**EXERCISE**
Reproduce exactly the lines of the material beneath, from the line that contains "else if is_due o.deadline t.now" to the line that contains "unfoldable pub retry_turns", both included, and no other lines.

**DATASET ENTRIES**
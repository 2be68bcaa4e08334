-- ===== src/Worker/Retry.antt =====
-- `_retry_call` and `_retry_delay` of src/openlinker/runtime/worker.py. What a turn of the loop finds,
-- the flags and the transport of the worker, the answer of the call and the clock, is a `Turn`; a run
-- meets one after the other. Times are numbers, a delay is counted in tenths of the unit of the
-- configured ones, so that its share of a fifth is exact, and the draw of `random.uniform` is an
-- argument.
pub mod Ends
pub mod Delays
mod Examples
use openlinker_python.Prelude.{
  ℕ, zero, suc, ◌*◌, ◌^◌, Bool, true, false, not, ◌&&◌, ◌||◌, List, [], ◌∷◌, text, Option, none,
  some, ◌==◌, if◌then◌else◌, contains, leb, nat_eq, text_eq,
}
use openlinker_python.Worker.Assign.{lease_terminal_codes}
use openlinker_python.Worker.Policy.{
  Failure, remote, other, is_runtime_policy_recovery_signal, fatal_error,
}

-- what comes of a call: a value, `asyncio.CancelledError`, or another exception
pub data Ending {ℓ} (A : Type ℓ) : Type ℓ where
  value : A → Ending A
  cancelled : Ending A
  failed : Failure → Ending A

-- What a turn finds. A transport is known by a number; `none` is one that is not initialized.
pub record Turn (A : Type 0) : Type 0 where
  pub force_cancel : Bool
  pub stopping : Bool
  -- `cancellation is not None and cancellation.is_set()`
  pub cancellation : Bool
  pub transport : Option ℕ
  -- what the call comes to, with the one policy recovery where it is policy aware
  pub answer : Ending A
  -- after the call
  pub transitioning : Bool
  pub transport_then : Option ℕ
  pub now : ℕ
  -- the worker's two delays by then: a recovery of the policy during the call may change them
  pub retry_minimum : ℕ
  pub retry_maximum : ℕ
  -- the draw for a delay, between two bounds
  pub uniform : ℕ → ℕ → ℕ

-- the arguments of a call of `_retry_call`
pub record RetryOptions : Type 0 where
  pub deadline : Option ℕ
  pub tolerate_transport_switch : Bool
  pub continue_during_shutdown : Bool

-- `min(a, b)`
abbrev pub lesser : ℕ → ℕ → ℕ
lesser a b = if leb a b then a else b

abbrev pub is_due : Option ℕ → ℕ → Bool
is_due none now = false
is_due (some deadline) now = leb deadline now

-- `exc.code in _ASSIGNMENT_TERMINAL_CODES`
unfoldable pub is_assignment_terminal : Failure → Bool
is_assignment_terminal (remote status code message) =
    contains lease_terminal_codes code || code == text "RUN_CANCEL_REQUESTED"
is_assignment_terminal _ = false

abbrev pub is_same : ℕ → Option ℕ → Option Bool
is_same before none = none
is_same before (some after) = some (before == after)

-- what a turn comes to: the end of the loop, or a delay and the count of attempts for the next turn
pub data Step {ℓ} (A : Type ℓ) : Type ℓ where
  ends : Ending A → Step A
  wait : (delay attempt : ℕ) → Step A

abbrev pub not_initialized : Failure
not_initialized = other (text "Runtime transport is not initialized")

-- `_retry_delay`, in tenths of the unit of the two delays
unfoldable pub retry_delay : ℕ → ℕ → (ℕ → ℕ → ℕ) → ℕ → ℕ
retry_delay minimum maximum uniform attempt =
    let delay = lesser maximum (minimum * 2 ^ lesser attempt 16) in uniform (delay * 8) (delay * 12)

module _ (o : RetryOptions) {A : Type 0} where
  -- `self._transport_transitioning or transport is not self._transport_required()`, where a switch is
  -- tolerated; `none` where there is no transport any more
  unfoldable pub switches : Turn A → ℕ → Option Bool
  switches t before =
      if not o.tolerate_transport_switch
      then some false
      else if t.transitioning
      then some true
      else elim (is_same before t.transport_then) [ none ↦ none | some same ↦ some (not same) ]

  -- `except Exception as exc`
  unfoldable pub after_failure : Turn A → ℕ → Failure → ℕ → Step A
  after_failure t before f attempt =
      if is_runtime_policy_recovery_signal f then ends (failed f) else elim (switches t before) [
        | none ↦ ends (failed not_initialized)
        | some true ↦ wait (t.retry_minimum * 10) attempt
        | some false ↦
            if fatal_error f || is_assignment_terminal f
            then ends (failed f)
            else if is_due o.deadline t.now
            then ends (failed f)
            else wait (retry_delay t.retry_minimum t.retry_maximum t.uniform attempt) (suc attempt)
      ]

  -- the conditions of the loop
  unfoldable pub is_stopped : Turn A → Bool
  is_stopped t = t.force_cancel || (not o.continue_during_shutdown && t.stopping) || t.cancellation

  unfoldable pub take_turn : Turn A → ℕ → Step A
  take_turn t attempt = if is_stopped t then ends cancelled else elim t.transport [
    | none ↦ ends (failed not_initialized)
    | some before ↦ elim t.answer [
      | value a ↦ ends (value a)
      | cancelled ↦ ends cancelled
      | failed f ↦ after_failure t before f attempt
    ]
  ]

  -- The loop, on fuel, with the delays that it waits.
  unfoldable pub retry_turns : ℕ → (ℕ → Turn A) → ℕ → Option (Ending A × List ℕ)
  retry_turns zero turns attempt = none
  retry_turns (suc fuel) turns attempt = elim (take_turn (turns 0) attempt) [
    | ends e ↦ some (e, [])
    | wait delay next ↦ elim (retry_turns fuel (λ k. turns (suc k)) next) [
      | none ↦ none
      | some (e, delays) ↦ some (e, delay ∷ delays)
    ]
  ]

  -- `_retry_call`
  unfoldable pub retry_call : ℕ → (ℕ → Turn A) → Option (Ending A × List ℕ)
  retry_call fuel turns = retry_turns fuel turns 0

**WRITTEN ANSWER**
            else if is_due o.deadline t.now
            then ends (failed f)
            else wait (retry_delay t.retry_minimum t.retry_maximum t.uniform attempt) (suc attempt)
      ]

  -- the conditions of the loop
  unfoldable pub is_stopped : Turn A → Bool
  is_stopped t = t.force_cancel || (not o.continue_during_shutdown && t.stopping) || t.cancellation

  unfoldable pub take_turn : Turn A → ℕ → Step A
  take_turn t attempt = if is_stopped t then ends cancelled else elim t.transport [
    | none ↦ ends (failed not_initialized)
    | some before ↦ elim t.answer [
      | value a ↦ ends (value a)
      | cancelled ↦ ends cancelled
      | failed f ↦ after_failure t before f attempt
    ]
  ]

  -- The loop, on fuel, with the delays that it waits.
  unfoldable pub retry_turns : ℕ → (ℕ → Turn A) → ℕ → Option (Ending A × List ℕ)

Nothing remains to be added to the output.